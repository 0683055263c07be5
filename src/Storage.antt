-- ===== src/Storage.antt =====
-- floem/program.py, `StorageState`, `PopulateState` and `CompareState`: the states that a run fills or
-- compares, with the instances of the specification and of the implementation.
use Prim.Native.String.{slice, len}
use text.Mathlib.Text.{starts_with}
use floem.Prelude.{
  ℕ, String, ◌&&◌, Option, none, some, List, [], ◌∷◌, ◌++◌, if◌then◌else◌, ltb, Dict, get, put,
}

-- `StorageState`, and the two classes below it: a PopulateState has an interval.
pub record StorageState : Type 0 where
  pub name : String
  pub state_instance : String
  pub state : String
  pub type : String
  pub size : ℕ
  pub func : String
  pub spec_instances : Dict String
  pub impl_instances : Dict String

pub record PopulateState : Type 0 where
  pub storage : StorageState
  pub interval : ℕ
  pub spec_ele_instances : List String
  pub impl_ele_instances : List String

-- `re.match(prefix + '(.+)', instance)` and `m.group(1)`, of a name without a line break
unfoldable pub match_prefix : String → String → Option String
match_prefix prefix instance =
    if starts_with instance prefix && ltb (len prefix) (len instance)
    then some (slice instance (len prefix) (len instance))
    else none

-- `StorageState.add`
unfoldable pub add : StorageState → String → StorageState
unfolding match_prefix
add s instance = elim (match_prefix "_spec_" instance) [
  | some n ↦ record s { spec_instances = put s.spec_instances n instance }
  | none ↦ elim (match_prefix "_impl_" instance) [
    | some n ↦ record s { impl_instances = put s.impl_instances n instance }
    | none ↦ record s { spec_instances = put s.spec_instances instance instance }
  ]
]

-- `PopulateState.add_element_instance`
unfoldable pub add_element_instance : PopulateState → String → PopulateState
unfolding match_prefix
add_element_instance s instance = elim (match_prefix "_spec_" instance) [
  | some n ↦ record s { spec_ele_instances = s.spec_ele_instances ++ instance ∷ [] }
  | none ↦ elim (match_prefix "_impl_" instance) [
    | some n ↦ record s { impl_ele_instances = s.impl_ele_instances ++ instance ∷ [] }
    | none ↦ record s { spec_ele_instances = s.spec_ele_instances ++ instance ∷ [] }
  ]
]

-- `CompareState.clone` and `PopulateState.clone`, which are without instances.
unfoldable pub clone : StorageState → StorageState
clone s = record s { spec_instances = []; impl_instances = [] }

unfoldable pub clone_populate : PopulateState → PopulateState
unfolding clone
clone_populate s = record s {
  storage = clone s.storage;
  spec_ele_instances = [];
  impl_ele_instances = [];
}

-- The state that a key leads to is changed, where there is one.
unfoldable pub change_entry : {A : Type 0} → (A → A) → Dict A → String → Dict A
change_entry f d k = elim (get d k) [ none ↦ d | some a ↦ put d k (f a) ]
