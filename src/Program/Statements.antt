-- ===== src/Program/Statements.antt =====
-- floem/program.py: the statements of a program and their names, and the parts of
-- `GraphGenerator.interpret` that need the graph only.
use Prim.Native.String.{◌++◌ as joined}
use floem.Prelude.{
  ℕ, String, Bool, true, false, not, ◌&&◌, Option, none, some, List, [], ◌∷◌, ◌==◌, String_equality,
  if◌then◌else◌, Result, ok, ◌>>=◌, ◌>>◌, has, map,
}
use floem.Graph.{
  GraphError, exception, Init, no_init, text_init, address_of, list_init, other_init, Inits,
  last_init, next_init, Special, plain, Element, State, Before, instance_before, group_before,
  Graph, lookup,
}
use floem.Graph.Build.{check}
use floem.Graph.Connect.{set_instance}
use floem.Storage.{StorageState, PopulateState}

-- `MemoryRegion` of floem/graph_ir.py
pub record MemoryRegion : Type 0 where
  pub name : String
  pub size : ℕ
  pub init : Option String

-- The statements, and the lists of them. A thread and a function of the program are named. The types
-- of a function are as `sanitize_type` leaves them, which its constructor calls.
mutual
  pub data Item : Type 0 where
    program : Items → Item
    element : Element → Item
    state : State → Item
    element_instance : String → String → List String → Item
    state_instance : String → String → Init → Item
    connection : String → String → Option String → Option String → Item
    composite : String → Items → Item
    composite_instance : String → String → Item
    internal_trigger : String → Item
    api_function : String → List String → Option String → Option String → List String → Item
    resource_map : String → String → Item
    resource_order : Before → String → Item
    process_map : String → String → Item
    device_map : String → String → List ℕ → Item
    master_process : String → Item
    pipeline_state : String → String → Item
    start_with_core_id : String → Item
    memory_region : MemoryRegion → Item
    populate_state : PopulateState → Item
    compare_state : StorageState → Item

  pub data Items : Type 0 where
    no_items : Items
    next_item : Item → Items → Items

-- `"_".join(l)`
unfoldable pub join_names : List String → String
join_names [] = ""
join_names (a ∷ []) = a
join_names (a ∷ b ∷ l) = joined a (joined "_" (join_names (b ∷ l)))

-- `get_node_name` and `get_resource_name`
unfoldable pub get_node_name : List String → String → String
unfolding join_names
get_node_name [] name = name
get_node_name (a ∷ l) name = joined "_" (joined (join_names (a ∷ l)) (joined "_" name))

unfoldable pub get_resource_name : List String → String → String
unfolding get_node_name
get_resource_name [] name = name
get_resource_name (a ∷ l) name = if a == "impl" then name else get_node_name (a ∷ l) name

-- `GraphGenerator.adjust_init`
unfoldable mutual
  pub adjust_init : Graph → List String → Init → Init
  adjust_init g stack no_init = no_init
  adjust_init g stack (text_init t) =
      text_init (if has g.state_instances (get_node_name stack t) then get_node_name stack t else t)
  adjust_init g stack (address_of a) = address_of (adjust_init g stack a)
  adjust_init g stack (list_init l) = list_init (adjust_inits g stack l)
  adjust_init g stack (other_init n) = other_init n

  pub adjust_inits : Graph → List String → Inits → Inits
  adjust_inits g stack last_init = last_init
  adjust_inits g stack (next_init a l) = next_init (adjust_init g stack a) (adjust_inits g stack l)

-- The part of `interpret` for a resource map: an instance without a special role keeps its thread.
unfoldable pub is_plain : Special → Bool
is_plain plain = true
is_plain _ = false

unfoldable pub map_resource : Graph → String → String → Result GraphError Graph
unfolding is_plain
map_resource g inst resource = do
  i ← lookup g.instances inst
  check
      (not (
        (elim i.thread [ none ↦ false | some t ↦ not (resource == t) ])
        && is_plain i.element.special))
      exception
  ok (set_instance g inst (record i { thread = some resource }))

unfoldable pub start_core : Graph → String → Result GraphError Graph
start_core g inst = do
  i ← lookup g.instances inst
  ok (set_instance g inst (record i { core_id = true }))

unfoldable pub before_name : List String → Before → Before
unfolding get_resource_name
before_name stack (instance_before a) = instance_before (get_resource_name stack a)
before_name stack (group_before l) = group_before (map (get_resource_name stack) l)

--------------------

Work order →
Using the data above, extract exactly the lines from the one that holds "unfoldable mutual" to the one that holds "text_init (if has", both ends included, and no others.

Response to this exercise →
unfoldable mutual
  pub adjust_init : Graph → List String → Init → Init
  adjust_init g stack no_init = no_init
  adjust_init g stack (text_init t) =
      text_init (if has g.state_instances (get_node_name stack t) then get_node_name stack t else t)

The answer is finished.